'''

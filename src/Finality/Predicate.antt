-- ===== src/Finality/Predicate.antt =====
-- src/finality/mod.rs: `GrandpaFinality` and its `FinalityPredicate`.
pub mod Soundness
pub mod Waiting
pub mod Answers
pub mod Liveness
pub mod Forks
use frost_substrate.Prelude.{
  suc, ℕ, zero, ◌+◌, ◌*◌, String, Bool, true, false, Option, none, some, List, [], ◌∷◌, format, ltb,
  if◌then◌else◌, Result, ok, err, map_err, ok_or, expect, Fault, ◌>>=◌,
}
use frost_substrate.External.Chain.{AuthorityList, Chain}
use frost_substrate.External.Float.{Float}
use frost_substrate.External.Frost.{
  Frost, BlockRef, PredicateConfig, ChainRules, FinalityError, chain_error as chain_failure,
  consensus_error as consensus_failure, timeout, FinalityVerificationError,
}
use frost_substrate.External.Grandpa.{Grandpa}
use frost_substrate.Finality.Client.{
  SubstrateVerificationClient, new_with_runtime_authorities, handle_authority_set_update,
}
use frost_substrate.Finality.Client.Queries.{verify_block_hash}
use frost_substrate.Finality.Client.Confidence.{get_finality_confidence, verify_chain_rules}
use frost_substrate.Finality.Config.{ChainConfig, GrandpaVerificationParams}
use frost_substrate.Finality.Errors.{
  GrandpaFinalityVerificationError, chain_error, authority_set_error,
}

-- `dyn BaseFinalityVerificationClient`, with the methods that the predicate calls, as it answers at
-- one moment.
pub record FinalityVerificationClient (C F : Type 0) : Type 0 where
  pub verify_hash : BlockRef C → Result FinalityVerificationError Bool
  pub confidence : BlockRef C → Result FinalityVerificationError F
  pub verify_rules : BlockRef C → ChainRules F → Result FinalityVerificationError Bool

-- The client of this repository behind that interface, at one state of the chain.
abbrev pub substrate_client :
    {C V F : Type 0} ⦃fl : Float F⦄
    → Grandpa V
    → Frost C
    → Chain
    → SubstrateVerificationClient V F
    → FinalityVerificationClient C F
substrate_client g frost chain client = record {
  verify_hash = verify_block_hash g frost chain;
  confidence = get_finality_confidence g frost chain client;
  verify_rules = verify_chain_rules g frost chain client;
}

-- The client as it answers at the three awaits of `is_final`: the chain may move in between.
pub record Moments (C F : Type 0) : Type 0 where
  pub at_hash : FinalityVerificationClient C F
  pub at_confidence : FinalityVerificationClient C F
  pub at_rules : FinalityVerificationClient C F

module _ {C F : Type 0} ⦃fl : Float F⦄ (frost : Frost C) (config : PredicateConfig F) where
  abbrev percent : F → ℕ
  percent x = fl.to_u64 (fl.mul x (fl.decimal 100 0))

  -- The rules that `is_final` asks for.
  abbrev pub grandpa_rules : ChainRules F
  grandpa_rules = record {
    min_confirmations = config.min_confirmations;
    confidence_threshold = config.confidence_threshold;
    max_fork_depth = 50;
    min_participation = fl.decimal 67 2;
  }

  unfoldable pub is_final : Moments C F → BlockRef C → Result (FinalityError C) Bool
  is_final m block_ref = do
    is_there ←
        map_err
          (λ e. chain_failure (format ("Block verification failed: " ∷ frost.display_error e ∷ [])))
          (m.at_hash.verify_hash block_ref)
    if is_there
        then (do
          finality_confidence ←
              map_err
                (λ e.
                  consensus_failure
                    (format ("Failed to get finality confidence: " ∷ frost.display_error e ∷ []))
                    (percent config.confidence_threshold) 0)
                (m.at_confidence.confidence block_ref)
          if fl.lt finality_confidence config.confidence_threshold
              then ok false
              else map_err
                  (λ e.
                    consensus_failure
                      (format ("Chain rule verification failed: " ∷ frost.display_error e ∷ []))
                      (percent grandpa_rules.min_participation) (percent finality_confidence))
                  (m.at_rules.verify_rules block_ref grandpa_rules))
        else err (chain_failure "Block not found")

  -- One round of the loop of `wait_for_finality`: the client at the round's awaits, and the time since
  -- the start at the round's look at the clock, in nanoseconds.
  pub record Round : Type 0 where
    pub moments : Moments C F
    pub elapsed : ℕ

  -- The first argument is fuel; `none` means that the wait is not over.
  unfoldable pub wait_from :
      ℕ
      → (ℕ → Round)
      → BlockRef C
      → (retry_count : ℕ) → Option (Result (FinalityError C) (Unit {0}))
  unfolding is_final
  wait_from zero rounds block_ref retry_count = none
  wait_from (suc fuel) rounds block_ref retry_count =
      let round = rounds retry_count in
      elim (is_final round.moments block_ref) [
        | err e ↦ some (err e)
        | ok true ↦ some (ok tt)
        | ok false ↦
            if ltb config.evaluation_timeout round.elapsed
            then some (err (timeout block_ref config.evaluation_timeout retry_count))
            else wait_from fuel rounds block_ref (retry_count + 1)
      ]

  abbrev pub wait_for_finality :
      ℕ → (ℕ → Round) → BlockRef C → Option (Result (FinalityError C) (Unit {0}))
  wait_for_finality fuel rounds block_ref = wait_from fuel rounds block_ref 0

'''

### Exercise prompt:
Return each line above where the word "that" shows up.

### Written solution:
-- `dyn BaseFinalityVerificationClient`, with the methods that the predicate calls, as it answers at
-- The client of this repository behind that interface, at one state of the chain.
  -- The rules that `is_final` asks for.
  -- The first argument is fuel; `none` means that the wait is not over.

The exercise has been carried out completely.